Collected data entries
========================================

-- ===== src/Config.antt =====
-- src/config.rs: the settings, the check that the daemon makes before it binds a listener, and the
-- cache capacities that it hands to the store. A socket address is its IP address and port.
pub mod Limits
pub mod Tests
use Prim.Native.String.{len}
use meta_agent_control_plane.Prelude.{
  ℕ, ◌*◌, String, Bool, true, false, ◌&&◌, ◌||◌, not, Option, none, some, List, [], ◌∷◌, ltb,
  nat_beq, if◌then◌else◌, Checked, ok, ◌>>◌, reject_if,
}

abbrev pub max_http_stream_payload_bytes : ℕ
max_http_stream_payload_bytes = 16 * 1024 * 1024

abbrev pub max_udp_datagram_bytes : ℕ
max_udp_datagram_bytes = 65507

pub data IpAddr : Type 0 where
  v4 : ℕ → ℕ → ℕ → ℕ → IpAddr
  v6 : ℕ → IpAddr

pub record SocketAddr : Type 0 where
  pub ip : IpAddr
  pub port : ℕ

-- `IpAddr::is_loopback`: 127.0.0.0/8, or ::1.
unfoldable pub is_loopback : IpAddr → Bool
is_loopback (v4 a b c d) = nat_beq a 127
is_loopback (v6 n) = nat_beq n 1

pub record Config : Type 0 where
  pub http_addr : SocketAddr
  pub tcp_addr : SocketAddr
  pub udp_addr : SocketAddr
  pub auth_token : Option String
  pub allow_unauthenticated_remote : Bool
  pub protect_read_api : Bool
  pub cors_any : Bool
  pub max_payload_bytes : ℕ
  pub max_udp_payload_bytes : ℕ
  pub max_tcp_connections : ℕ
  pub agent_capacity : ℕ
  pub goal_capacity : ℕ
  pub task_capacity : ℕ
  pub lesson_capacity : ℕ
  pub event_capacity : ℕ
  pub idempotency_capacity : ℕ
  pub update_channel_capacity : ℕ
  pub log_filter : String
  pub log_json : Bool

pub record CacheConfig : Type 0 where
  pub agents : ℕ
  pub goals : ℕ
  pub tasks : ℕ
  pub lessons : ℕ
  pub events : ℕ
  pub idempotency : ℕ

pub data ConfigError : Type 0 where
  zero_capacity : String → ConfigError
  invalid_payload_limit : ℕ → ConfigError
  invalid_udp_payload_limit : ℕ → ConfigError
  weak_authentication_token : ConfigError
  read_protection_requires_authentication : ConfigError
  remote_binding_requires_authentication : ConfigError
  remote_binding_requires_read_protection : ConfigError

-- `Result<(), ConfigError>`.
abbrev pub Verdict : Type 0
Verdict = Checked ConfigError

unfoldable pub positive_capacities : List (String × ℕ) → Verdict
positive_capacities [] = ok
positive_capacities ((name, value) ∷ rest) =
    reject_if (nat_beq value 0) (zero_capacity name) >> positive_capacities rest

-- The array that the first loop of `validate` goes through.
abbrev pub capacities : Config → List (String × ℕ)
capacities c =
    ("agent capacity", c.agent_capacity)
    ∷ ("goal capacity", c.goal_capacity)
    ∷ ("task capacity", c.task_capacity)
    ∷ ("lesson capacity", c.lesson_capacity)
    ∷ ("event capacity", c.event_capacity)
    ∷ ("idempotency capacity", c.idempotency_capacity)
    ∷ ("update channel capacity", c.update_channel_capacity)
    ∷ ("maximum TCP connections", c.max_tcp_connections)
    ∷ []

abbrev pub is_none : Option String → Bool
is_none none = true
is_none (some _) = false

abbrev pub is_weak : Option String → Bool
is_weak none = false
is_weak (some token) = ltb (len token) 16

unfoldable pub has_non_loopback_listener : Config → Bool
has_non_loopback_listener c =
    not (is_loopback c.http_addr.ip)
    || not (is_loopback c.tcp_addr.ip)
    || not (is_loopback c.udp_addr.ip)

unfoldable pub validate : Config → Verdict
validate c = do
  positive_capacities (capacities c)
  reject_if (nat_beq c.max_payload_bytes 0 || ltb max_http_stream_payload_bytes c.max_payload_bytes)
      (invalid_payload_limit max_http_stream_payload_bytes)
  reject_if
      (nat_beq c.max_udp_payload_bytes 0 || ltb max_udp_datagram_bytes c.max_udp_payload_bytes)
      (invalid_udp_payload_limit max_udp_datagram_bytes)
  reject_if (is_weak c.auth_token) weak_authentication_token
  reject_if (c.protect_read_api && is_none c.auth_token) read_protection_requires_authentication
  reject_if
      (has_non_loopback_listener c && is_none c.auth_token && not c.allow_unauthenticated_remote)
      remote_binding_requires_authentication
  reject_if
      (has_non_loopback_listener c && not c.protect_read_api && not c.allow_unauthenticated_remote)
      remote_binding_requires_read_protection

unfoldable pub cache_config : Config → CacheConfig
cache_config c = record {
  agents = c.agent_capacity;
  goals = c.goal_capacity;
  tasks = c.task_capacity;
  lessons = c.lesson_capacity;
  events = c.event_capacity;
  idempotency = c.idempotency_capacity;
}
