-- ===== src/Auth.antt =====
-- src/auth.rs: the shared-token policy, and the token that a request carries. Bytes are compared by
-- `ConstantTimeEq` of the third-party crate `subtle`, which is a parameter.
pub mod Laws
pub mod Sample
mod Tests
use Prim.Native.Char.{Char, code}
use Prim.Native.String.{len}
use meta_agent_control_plane.Prelude.{
  ℕ, ◌+◌, ◌≡◌, ◌↔◌, String, Bool, true, false, ◌&&◌, ◌||◌, not, Option, none, some, leb, nat_beq,
  if◌then◌else◌,
}
use meta_agent_control_plane.Config.{Config}

-- `ct_eq` on two byte slices of one length, here the UTF-8 of two texts: it documents that it is
-- true exactly on equal contents.
pub record ConstantTime : Type 0 where
  pub ct_eq : String → String → Bool
  pub ct_eq_iff : (a b : String) → (ct_eq a b ≡ true) ↔ (a ≡ b)

pub record AuthPolicy : Type 0 where
  pub token : Option String
  pub protect_reads : Bool

-- `Result<(), AuthorizationError>`.
pub data Authorized : Type 0 where
  granted : Authorized
  denied : Authorized

unfoldable pub from_config : Config → AuthPolicy
from_config config = record { token = config.auth_token; protect_reads = config.protect_read_api }

module _ (constant_time : ConstantTime) where
  open constant_time use {ct_eq}

  -- The last test of `authorize`.
  unfoldable pub compare_tokens : String → String → Authorized
  compare_tokens expected provided =
      if not (nat_beq (len expected) (len provided)) || not (ct_eq expected provided)
      then denied
      else granted

  unfoldable pub authorize : Option String → Option String → Authorized
  unfolding compare_tokens
  authorize none provided = granted
  authorize (some expected) none = denied
  authorize (some expected) (some provided) = compare_tokens expected provided

  unfoldable pub authorize_ingest : AuthPolicy → Option String → Authorized
  authorize_ingest policy provided = authorize policy.token provided

  unfoldable pub authorize_read : AuthPolicy → Option String → Authorized
  authorize_read policy provided =
      if policy.protect_reads then authorize policy.token provided else granted

-- The `authorization` header of a request: missing, not visible ASCII, or a text.
pub data Header : Type 0 where
  missing : Header
  opaque_bytes : Header
  text : String → Header

-- `value.split_once(' ')`.
unfoldable pub split_once : String → Option (String × String)
split_once String.[] = none
split_once (String.◌∷◌ c s) =
    if nat_beq (code c) b' ' then some (String.[], s) else elim (split_once s) [
      | none ↦ none
      | some (before, after) ↦ some (String.◌∷◌ c before, after)
    ]

unfoldable pub ascii_lower : ℕ → ℕ
ascii_lower c = if leb b'A' c && leb c b'Z' then c + 32 else c

unfoldable pub eq_ignore_ascii_case : String → String → Bool
eq_ignore_ascii_case String.[] String.[] = true
eq_ignore_ascii_case (String.◌∷◌ c s) (String.◌∷◌ d t) =
    nat_beq (ascii_lower (code c)) (ascii_lower (code d)) && eq_ignore_ascii_case s t
eq_ignore_ascii_case _ _ = false

-- `u8::is_ascii_whitespace`.
unfoldable pub is_ascii_whitespace : ℕ → Bool
is_ascii_whitespace c =
    nat_beq c 0x20 || nat_beq c 0x9 || nat_beq c 0xa || nat_beq c 0xc || nat_beq c 0xd

-- `token.bytes().any(..)`: a byte of a longer UTF-8 sequence is no ASCII white space.
unfoldable pub has_ascii_whitespace : String → Bool
has_ascii_whitespace String.[] = false
has_ascii_whitespace (String.◌∷◌ c s) = is_ascii_whitespace (code c) || has_ascii_whitespace s

abbrev pub is_empty : String → Bool
is_empty String.[] = true
is_empty (String.◌∷◌ c s) = false

unfoldable pub accept_token : String × String → Option String
accept_token (scheme, token) =
    if eq_ignore_ascii_case scheme "bearer"
      && not (is_empty token)
      && not (has_ascii_whitespace token)
    then some token
    else none

unfoldable pub bearer_token : Header → Option String
bearer_token missing = none
bearer_token opaque_bytes = none
bearer_token (text value) = elim (split_once value) [
  | none ↦ none
  | some parts ↦ accept_token parts
]

unfoldable pub preferred_token : Header → Option String → Option String
preferred_token missing query_token = query_token
preferred_token opaque_bytes query_token = bearer_token opaque_bytes
preferred_token (text value) query_token = bearer_token (text value)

========================================

■ **Exercise aim**: From the line with "has_ascii_whitespace String.[] = false" through the last line of the records, set down every line exactly as written and leave out all others.

■ **Solved problem**:
has_ascii_whitespace String.[] = false
has_ascii_whitespace (String.◌∷◌ c s) = is_ascii_whitespace (code c) || has_ascii_whitespace s

abbrev pub is_empty : String → Bool
is_empty String.[] = true
is_empty (String.◌∷◌ c s) = false

unfoldable pub accept_token : String × String → Option String
accept_token (scheme, token) =
    if eq_ignore_ascii_case scheme "bearer"
      && not (is_empty token)
      && not (has_ascii_whitespace token)
    then some token
    else none

unfoldable pub bearer_token : Header → Option String
bearer_token missing = none
bearer_token opaque_bytes = none
bearer_token (text value) = elim (split_once value) [
  | none ↦ none
  | some parts ↦ accept_token parts
]

unfoldable pub preferred_token : Header → Option String → Option String
preferred_token missing query_token = query_token
preferred_token opaque_bytes query_token = bearer_token opaque_bytes
preferred_token (text value) query_token = bearer_token (text value)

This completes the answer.